If I fulfil the conditions for being eligible for the state pension, but I am no longer resident in Ireland at the time I'm eligible for state pension, is it possible for me to get the state pension?
Or is there some condition that one must be resident in Ireland at the time of claiming state pension.

Any idea on this will be appreciated.


----------



## dandy

I would also appreciate an answer to this as I am sure many people are thinking of moving on to greener pastures, surley someone must know?


----------



## Papercut

A  State Pension (Non-Contributory)  is not normally paid to people who reside outside the State. However, if you go to live in Northern Ireland, and were in receipt of a State Pension (Non-Contributory) immediately before you moved, your pension can continue to be paid for up to five years subject to certain conditions.

  If you go on holiday abroad, payment of your pension for a period of up to 13 weeks is normally allowed on your return home. However, payment will not be allowed for repeated trips of this nature.

  If you are already receiving a  State Pension (Contributory)  & then move abroad you will continue to receive it for the duration of your life, but you must inform DSFA of your intention to emigrate & your new details.

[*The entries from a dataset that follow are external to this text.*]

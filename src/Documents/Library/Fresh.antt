-- ===== src/Documents/Library/Fresh.antt =====
-- The cached list of a workspace is its present list.
use text.Mathlib.TextLemmas.{append_cancel_left}
use realtime_collaborative_e.Base.{
  ℕ, ◌+◌, ◌≤◌, String, ◌≡◌, refl, sym, ap, ◌∙◌, inl, inr, Bool, true, false, none, some, List, [],
  ◌∷◌, filter, ltb, ◌===◌, if◌then◌else◌, arith, eq_iff, Bool-cases, Option-cases,
}
use realtime_collaborative_e.Base.Map
use realtime_collaborative_e.Base.Map.{Map}
use realtime_collaborative_e.Redis.{KeyStore}
use realtime_collaborative_e.Documents.Library.{
  Record, CreateInput, UpdateInput, Query, Outside, Library, list_key, values, in_workspace,
  sort_latest, current, is_full, new_record, put, create, list, updated, change, update,
  soft_delete, deleted, truthy,
}

-- A record of another workspace, new or in the place of one, changes no list of this workspace.
other_workspace :
    (docs : Map Record) (ws id : String) (d : Record)
    → (d.workspace_id === ws) ≡ false
    → ((old : Record) → Map.get docs id ≡ some old → (old.workspace_id === ws) ≡ false)
    → filter (in_workspace ws) (values (Map.set docs id d)) ≡ filter (in_workspace ws) (values docs)
unfolding Map.get Map.set
other_workspace [] ws id d h k = rw h
other_workspace ((j, w) ∷ docs) ws id d h k = elim (Bool-cases (j === id)) [
  | inl here ↦ rw here (rw (h, k w (rw here)))
  | inr there ↦
      rw there (ground (arith, other_workspace docs ws id d h (λ old e. k old (rw there e))))
]

cached_now : {A : Type 0} (m l : A) (b : Bool) → (if b then some m else none) ≡ some l → l ≡ m
cached_now m l true e = cc (e)
cached_now m l false e = absurd (cc (e))

module _ (lists : KeyStore (List Record)) (o : Outside) where
  -- From `now` on a cached list is the present one.
  abbrev pub IsFresh : Library lists → ℕ → Type 0
  IsFresh s now =
      (at : ℕ) (ws : String) (l : List Record)
      → now ≤ at
      → lists.get s.cache at (list_key ws) ≡ some l
      → l ≡ current s.docs ws

  dropped :
      (c : lists.Store) (at : ℕ) (k j : String)
      → (k === j) ≡ true
      → lists.get (lists.del c k) at j ≡ none
  dropped c at k j h = lists.get-del c at k j ∙ ap (λ b. if b then none else lists.get c at j) h

  left :
      (c : lists.Store) (at : ℕ) (k j : String)
      → (k === j) ≡ false
      → lists.get (lists.del c k) at j ≡ lists.get c at j
  left c at k j h = lists.get-del c at k j ∙ ap (λ b. if b then none else lists.get c at j) h

  put-IsFresh :
      (s : Library lists) (now : ℕ) (d : Record)
      → ((old : Record) → Map.get s.docs d.id ≡ some old → old.workspace_id ≡ d.workspace_id)
      → IsFresh s now
      → IsFresh (put lists o s d) now
  unfolding current
  put-IsFresh s now d same h at ws l lo e =
      let key = list_key d.workspace_id in
      elim (Bool-cases (d.workspace_id === ws)) [
        | inl here ↦
            let same_key =
              (eq_iff key (list_key ws)).1 (ap list_key ((eq_iff d.workspace_id ws).0 here)) in
            absurd (cc (e, dropped s.cache at key (list_key ws) same_key))
        | inr there ↦ elim (Bool-cases (key === list_key ws)) [
          | inl same_key ↦ absurd (cc (e, dropped s.cache at key (list_key ws) same_key))
          | inr other_key ↦
              h at ws l lo (sym (left s.cache at key (list_key ws) other_key) ∙ e)
              ∙ ap sort_latest
                  (sym (other_workspace s.docs ws d.id d there (λ old g. rw (same old g) there)))
        ]
      ]

  change-IsFresh :
      (s : Library lists) (now : ℕ) (id : String) (f : Record → Record)
      → IsFresh s now
      → IsFresh (change lists o s id f).0 now
  change-IsFresh s now id f h = elim (Option-cases (Map.get s.docs id)) [
    | inl missing ↦ rw (missing, change) h
    | inr (d, found) ↦
        rw (found, change)
          (put-IsFresh s now (record (f d) { id = id; workspace_id = d.workspace_id })
            (λ old g. cc (found, g)) h)
  ]

  create-IsFresh :
      (s : Library lists) (now : ℕ) (id : String) (input : CreateInput)
      → Map.get s.docs id ≡ none
      → IsFresh s now
      → IsFresh (create lists o s now id input).0 now
  create-IsFresh s now id input drawn h =
      elim (Bool-cases (is_full lists o s.docs input.workspace_id)) [
        | inl full ↦ rw (full, create) h
        | inr space ↦
            rw (space, create)
              (put-IsFresh s now (new_record lists o now id input) (λ old g. absurd (cc (drawn, g)))
                h)
      ]

  set-IsFresh :
      (s : Library lists) (now : ℕ) (ws : String)
      → IsFresh s now
      → IsFresh
          (record s { cache = lists.set_ex s.cache now (list_key ws) (current s.docs ws) 30000 })
          now
  set-IsFresh s now ws h at ws' l lo e =
      let set =
        lists.get-set_ex s.cache now at (list_key ws) (list_key ws') (current s.docs ws) 30000 lo in
      elim (Bool-cases (list_key ws === list_key ws')) [
        | inl same_key ↦
            let same =
              append_cancel_left "docs:ws:" ws ws'
                ((eq_iff (list_key ws) (list_key ws')).0 same_key) in
            cached_now (current s.docs ws) l (ltb at (now + 30000)) (rw same_key at (sym set ∙ e))
            ∙ ap (current s.docs) same
        | inr other_key ↦ h at ws' l lo (rw other_key at (sym set ∙ e))
      ]

  -- What a listing without a query leaves behind and answers.
  list-IsFresh :
      (s : Library lists) (now : ℕ) (ws : String) (query : Query)
      → IsFresh s now
      → IsFresh (list lists o s now ws query).0 now
  list-IsFresh s now ws query h = elim (Bool-cases (truthy query.q)) [
    | inl q ↦ rw (q, list) h
    | inr no_q ↦ elim (Bool-cases (truthy query.tag)) [
      | inl t ↦ rw (no_q, list) (rw t h)
      | inr no_t ↦ elim (Option-cases (lists.get s.cache now (list_key ws))) [
        | inl missing ↦ rw (no_q, list) (rw no_t (rw missing (set-IsFresh s now ws h)))
        | inr (l, found) ↦ rw (no_q, list) (rw no_t (rw found h))
      ]
    ]
  ]

  list-current :
      (s : Library lists) (now : ℕ) (ws : String) (query : Query)
      → truthy query.q ≡ false
      → truthy query.tag ≡ false
      → IsFresh s now
      → (list lists o s now ws query).1 ≡ current s.docs ws
  list-current s now ws query q t h = elim (Option-cases (lists.get s.cache now (list_key ws))) [
    | inl missing ↦ rw (q, list) (rw t (rw missing refl))
    | inr (l, found) ↦ rw (q, list) (rw t (rw found (h now ws l (omega arith) found)))
  ]

  -- What users do with the documents.
  pub data Call : Type 0 where
    creates : ℕ → String → CreateInput → Call
    lists_all : ℕ → String → Query → Call
    updates : ℕ → String → UpdateInput → Call
    deletes : ℕ → String → Call

  abbrev pub step : Library lists → Call → Library lists
  step s (creates now id input) = (create lists o s now id input).0
  step s (lists_all now ws query) = (list lists o s now ws query).0
  step s (updates now id input) = (update lists o s now id input).0
  step s (deletes now id) = (soft_delete lists o s now id).0

  abbrev pub run : Library lists → List Call → Library lists
  run s [] = s
  run s (c ∷ calls) = run (step s c) calls

  -- The calls come at times that ascend from `now`, and an identifier that is drawn is new.
  abbrev pub Allowed : Library lists → ℕ → List Call → ℕ → Type 0
  Allowed s now [] end = now ≤ end
  Allowed s now (creates at id input ∷ calls) end =
      (now ≤ at) × (Map.get s.docs id ≡ none) × Allowed (step s (creates at id input)) at calls end
  Allowed s now (lists_all at ws query ∷ calls) end =
      (now ≤ at) × Allowed (step s (lists_all at ws query)) at calls end
  Allowed s now (updates at id input ∷ calls) end =
      (now ≤ at) × Allowed (step s (updates at id input)) at calls end
  Allowed s now (deletes at id ∷ calls) end =
      (now ≤ at) × Allowed (step s (deletes at id)) at calls end

  later : (s : Library lists) (now at : ℕ) → now ≤ at → IsFresh s now → IsFresh s at
  later s now at h fresh t ws l lo e = fresh t ws l (omega (arith, h, lo)) e

  run-IsFresh :
      (calls : List Call) (s : Library lists) (now end : ℕ)
      → Allowed s now calls end
      → IsFresh s now
      → IsFresh (run s calls) end
  run-IsFresh [] s now end h fresh = later s now end h fresh
  run-IsFresh (creates at id input ∷ calls) s now end (lo, drawn, h) fresh =
      run-IsFresh calls _ at end h (create-IsFresh s at id input drawn (later s now at lo fresh))
  run-IsFresh (lists_all at ws query ∷ calls) s now end (lo, h) fresh =
      run-IsFresh calls _ at end h (list-IsFresh s at ws query (later s now at lo fresh))
  run-IsFresh (updates at id input ∷ calls) s now end (lo, h) fresh =
      run-IsFresh calls _ at end h
        (change-IsFresh s at id (updated lists o at input) (later s now at lo fresh))
  run-IsFresh (deletes at id ∷ calls) s now end (lo, h) fresh =
      run-IsFresh calls _ at end h
        (change-IsFresh s at id (deleted lists o at) (later s now at lo fresh))

  -- Whatever documents are created, listed, updated and deleted, one after the other, if no list was
  -- cached at first then a listing without a query answers the present documents of its workspace,
  -- whether a cache still holds them or not.
  pub run-current :
      (calls : List Call) (s : Library lists) (now end : ℕ) (ws : String) (query : Query)
      → Allowed s now calls end
      → ((at : ℕ) (w : String) → lists.get s.cache at (list_key w) ≡ none)
      → truthy query.q ≡ false
      → truthy query.tag ≡ false
      → (list lists o (run s calls) end ws query).1 ≡ current (run s calls).docs ws
  run-current calls s now end ws query h empty q t =
      list-current (run s calls) end ws query q t
        (run-IsFresh calls s now end h (λ at w l lo e. absurd (cc (empty at w, e))))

  If you have paid social insurance contributions in 2 or more EEA member states, you should apply for a pension to the member state in which you now live or in which you had your last contribution if you have no contributions in the state where you live. The authorities in the state in which you apply will then calculate with the other states exactly what is due to you from each of them.

  Each state looks at your situation in two ways and then grants you whichever is most beneficial.
  (a) They see if you can qualify for a pension on the basis of contributions paid in that state only
  (b) They then look at your contributions in all member states and see what pension you would get if all of those contributions had been in their own state; they then calculate what proportion is applicable to them
  You then get the higher of (a) and (b)

  Ireland has entered into bilateral social security agreements with Canada, the USA, Australia, New Zealand, Switzerland, Austria and Quebec (which has a separate system from the rest of Canada). These agreements are broadly similar and they generally provide that social insurance paid in Ireland and the other country can be combined to help people qualify for old age and retirement pensions. Again, in general, the method of calculation is similar to the EU rules.


----------



## puremeteor

I got a response from the Social welfare department. They said that as long as we have made the minimum contribution to the pension in the form of PRSI payments, we will be eligible to claim the pension regardless of where we are residing when we become eligible w.r.t. the pensionable age.


----------



## dandy

puremeteor,
Did they say this applys to both State Contributory and Non Contributory?


----------



## Welfarite

Only contributory. Papercut's post lays it all out. You must be resident in Ireland to claim means-tested non-contributory pension. You can combine records of contributions from 2 states to get a better pension or just get an Irish pension if that is the better option.


----------



## paperclip

sweet, so i when i retire i can claim my state pension, and live abroad?

i pay prsi.

i also have my own pension with work... this doesn't effect my state pension, does it?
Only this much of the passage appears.